The model documents fall short of naming Gradgrind, Bounderby and Bitzer as Trustees of Coketown Academy Trust, but the auditor is named as “Dolittle Mawper LLP” and the bankers as “Natland PLC, 2 Lloyd Mews, Coketown”. Is the latter a veiled reference to NatWest (subsidiary of Royal Bank of Scotland) and Lloyds TSB, two banks who were bailed out by taxpayers? Perhaps this is a hidden warning that many Academy Trusts are likely to go the same way and need similar bailing out.

botzarelli's picture
Wed, 14/09/2011 - 13:19

Interesting set of literary references! I think it is probably more a case of a DfE civil servant having a bit of fun and perhaps a little joke at the expense of a less literary manager.


Francis Gilbert's picture
Wed, 14/09/2011 - 16:09

That's hilarious about the fictitious Academy Trust in Coketown. I've taught Hard Times for A Level; it's still a very relevant text, Dickens at his brilliant best.


Janet Downs's picture
Wed, 14/09/2011 - 17:19

“Hard Times” received much negative criticism on publication.
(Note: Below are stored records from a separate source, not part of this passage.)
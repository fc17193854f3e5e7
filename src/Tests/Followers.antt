-- ===== src/Tests/Followers.antt =====
-- Ledger 100 with its close and its transactions.
use edgy.Prelude.{
  Option, Bool, ℕ, ◌≡◌, ◌≢◌, ◌⊎◌, true, false, none, some, List, [], ◌∷◌, map, All, refl, arith,
}
use edgy.Containers.Eq.{nat_eq}
use edgy.Sle.{Sle}
use edgy.Builder.{Header}
use edgy.Engine.Queue.{apply_txs_match_node, should_apply_stream_tx}
use edgy.Engine.Apply.{
  ClosedMsg, TxMsg, Follower, reset_stats, integral, object, bad_hex, closed, transaction,
  number_of, throws, fill_seq, fill_drops, fill_header, chain_header, diverges, set_resync,
  send_closed, publish_builder, close_with, apply_ledger_closed, mid_close_tick, accepts,
  apply_batch,
}
use edgy.Engine.Apply.Current.{current, served, IsFresh}
use edgy.Engine.Apply.Fresh.{
  Turn, batch, tick, run, run-current, sound_turns, sound_turn, all_sound, sound_message,
  sound_meta,
}
use edgy.Engine.Stream.Count.{sound}
use edgy.Engine.Apply.Chain.{Next, apply_ledger_closed-Next}
use edgy.Engine.Apply.Tally.{apply_batch-tally}
use edgy.Engine.Snapshot.{
  Entry, Page, refused, page, answer, load_snapshot, header_of, load_types, load_type, load_entries,
}
use edgy.Engine.Snapshot.Synced.{Synced, load_snapshot-Synced}
use edgy.Tests.Data.{lib, level}
use edgy.Tests.Engines.{codec, fields, start, items}

abbrev header : Header
header = record {
  seq = 100;
  hash = 5;
  parent_hash = 4;
  account_hash = 0;
  tx_hash = 0;
  drops = 0;
  validated = true;
  accepted = true;
}

-- The snapshot is marked dirty.
abbrev follower : Follower ℕ ℕ ℕ (Sle ℕ ℕ)
follower = record {
  state = record start { builder = record start.builder { header = header } };
  published = none;
  has_handler = true;
  ready = true;
  need_resync = false;
  dirty = true;
  current_seq = 100;
  prev_close_txs = 0;
  stats = reset_stats;
  sent = [];
}

abbrev close : ClosedMsg
close = record {
  ledger_index = some (integral 101);
  ledger_hash = some 6;
  parent_hash = none;
  account_hash = none;
  transaction_hash = none;
  total_coins = none;
  txn_count = some (integral 2);
}

abbrev tx : TxMsg ℕ
tx = record {
  ledger_index = some (integral 100);
  validated = some true;
  meta = some (object items);
  meta_blob = none;
}

abbrev blind : TxMsg ℕ
blind = record tx { meta = none; meta_blob = some bad_hex }

in_line : (apply_ledger_closed close follower).0.need_resync ≡ false
unfolding apply_ledger_closed number_of throws fill_header fill_seq fill_drops chain_header diverges
    set_resync close_with publish_builder send_closed
in_line = refl

numbered : number_of close.ledger_index ≢ 0
unfolding number_of
numbered = ground arith

apply_ledger_closed-Next_example :
    ((apply_ledger_closed close follower).0 ≡ follower)
    ⊎ Next follower (apply_ledger_closed close follower).0
apply_ledger_closed-Next_example =
    apply_ledger_closed-Next close follower refl (ground arith) (omega arith) numbered in_line

dirty-IsFresh : IsFresh follower
unfolding IsFresh
dirty-IsFresh c = absurd (ground arith)

abbrev turns : List (Turn ℕ)
turns =
    batch (transaction tx ∷ closed close ∷ []) ∷ tick 0 2 true ∷ batch (transaction tx ∷ []) ∷ []

run-current_example :
    served (mid_close_tick 1 2 true (run lib codec fields turns follower)).published
    ≡ some (current (mid_close_tick 1 2 true (run lib codec fields turns follower)).state)
unfolding sound_turns sound_turn all_sound sound_message sound_meta sound
run-current_example = run-current lib codec fields turns 1 2 follower refl dirty-IsFresh refl

accepted : All (λ msg. accepts lib codec fields msg follower ≡ true) (tx ∷ blind ∷ [])
unfolding accepts number_of throws should_apply_stream_tx
accepted = (refl, (refl, tt))

apply_batch-tally_example :
    apply_txs_match_node
      (apply_batch lib codec fields (map transaction (tx ∷ blind ∷ [])) follower).stats.txs
      (apply_batch lib codec fields (map transaction (tx ∷ blind ∷ [])) follower).stats.no_meta
      2
    ≡ true
apply_batch-tally_example =
    apply_batch-tally lib codec fields (tx ∷ blind ∷ []) follower accepted refl

abbrev directory : ℕ → Option (Entry ℕ ℕ (Sle ℕ ℕ))
directory key = some (record {
  key = key;
  blob = record (level 11 0 none) { key = key };
  sle = some (record (level 11 0 none) { key = key });
})

-- Two pages of directories, and a type that the node does not know.
abbrev types : List (Bool × List (Page ℕ ℕ (Sle ℕ ℕ)))
types =
    (
      false,
      page (some (directory 42 ∷ none ∷ [])) true ∷ page (some (directory 43 ∷ [])) false ∷ [],
    )
    ∷ (true, refused ∷ [])
    ∷ []

snapshot_loaded : (load_snapshot lib codec (answer (some close)) types follower).0 ≡ true
unfolding load_snapshot header_of fill_header fill_seq fill_drops load_types load_type load_entries
snapshot_loaded = refl

load_snapshot-Synced_example :
    Synced lib codec (load_snapshot lib codec (answer (some close)) types follower).1
load_snapshot-Synced_example =
    load_snapshot-Synced lib codec (answer (some close)) types follower snapshot_loaded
Macauley described the book as having “One or two passages of exquisite pathos and the rest sullen Socialism.” G K Chesterton, in his 1907 introduction to “Hard Times,” said Macauley’s criticism was unfair “but it exactly shows how the book struck those people who were mad on political liberty and dead about everything else.”
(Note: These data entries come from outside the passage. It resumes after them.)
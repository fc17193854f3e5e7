-- ===== src/Tests/Graphs.antt =====
-- The book graph of the test data.
use edgy.Sle.{Sle}
use edgy.Books.Setup.{setup}
use edgy.Containers.Adjacency.{linked, link, outs}
use edgy.Books.Feed.{add_from_sle, quality_of, book_of, is_book_root}
use edgy.Books.Feed.Tips.{add_from_sle-tip}
use edgy.Books.Removal.{remove_book-hides, has_book-remove_book}
use edgy.Prelude.{ℕ_discrete, false, true, ◌≢◌, ℕ, ◌≡◌, none, some, List, [], ◌∷◌, refl, arith}
use edgy.Containers.Eq.{nat_eq, pair_eq}
use edgy.Containers.HashSet.{contains, insert}
use edgy.Containers.HashMap.{find, assign}
use edgy.Books.{Books, add_book, remove_book, empty, book_eq}
use edgy.Books.Query.{tip_quality, neighbors, has_book}
use edgy.Books.Query.Routes.{contains-neighbors}
use edgy.Books.Consistent.{IsXrp, IsConsistent}
use edgy.Books.Reach.{Change, added, removed, run, run-IsConsistent}
use edgy.Tests.Data.{lib, open_book, books, level}

native : IsXrp lib 0
native = record { xrp_is_xrp = refl; only = λ x h. ground arith }

-- By way of XRP, in the open and in domain 5.
abbrev history : List (Change ℕ ℕ)
history =
    added (some (level 11 0 none))
    ∷ added (some (level 0 21 none))
    ∷ added (some (level 11 0 (some 5)))
    ∷ added (some (level 0 21 (some 5)))
    ∷ added (some (level 12 21 none))
    ∷ removed (some (level 12 21 none))
    ∷ []

abbrev market : Books ℕ ℕ ℕ
market = run lib empty history

run-IsConsistent_example : IsConsistent lib 0 market
run-IsConsistent_example = run-IsConsistent lib 0 native history

market-IsConsistent : IsConsistent lib 0 market
market-IsConsistent = run-IsConsistent lib 0 native history

contains-neighbors_example : contains 0 (neighbors lib 13 none books) ≡ has_book lib 13 0 none books
contains-neighbors_example = contains-neighbors lib 13 0 none books

has_book-remove_book_example :
    has_book lib 11 0 none (remove_book lib (open_book 11 0) books) ≡ false
has_book-remove_book_example = has_book-remove_book lib (open_book 11 0) books

remove_book-hides_example :
    let s' = remove_book lib (open_book 11 0) books in
    (has_book lib 13 0 none books ≡ true)
    × (linked 12 0 s'.all_books ≡ true)
    × (has_book lib 13 0 none s' ≡ false)
unfolding add_book link outs find assign insert contains ℕ_discrete
remove_book-hides_example = remove_book-hides lib 11 12 13 0 books distinct refl refl refl refl refl
  where
    distinct : ◌≢◌ {A = ℕ} 11 12
    distinct e = omega (arith, e)

add_from_sle-tip_example :
    tip_quality lib 11 0 none (add_from_sle lib (some (level 11 0 none)) market) ≡ 7
unfolding is_book_root book_of quality_of
add_from_sle-tip_example = add_from_sle-tip lib (level 11 0 none) (open_book 11 0) market refl refl

-- Two quality levels of one book, of quality 7 and 3.
abbrev two_levels : List (Sle ℕ ℕ)
two_levels = level 11 0 none ∷ record (level 11 0 none) { exchange_rate = some 3 } ∷ []

abbrev set_up : Books ℕ ℕ ℕ
set_up = elim (setup lib (some two_levels) books) [ none ↦ empty | some s ↦ s ]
As well as concealing a tongue-in-cheek warning about government policy, perhaps the author of this document is also alerting readers to the nature of this government. "Mad on political liberty and dead about everything else" together with dollops of "oiling" sums them up quite well, I think.

Janet Downs's picture
Fri, 16/09/2011 - 16:38

"Hard data can only be useful if integrated with the 'softer' findings from Ofsted", "Does not show the most recent Ofsted rating", "Link to the full [Ofsted] report is not easy to find,", "Gaping holes in the data". These are a few of the comments about the GoveCompare school comparison database in this week's TES.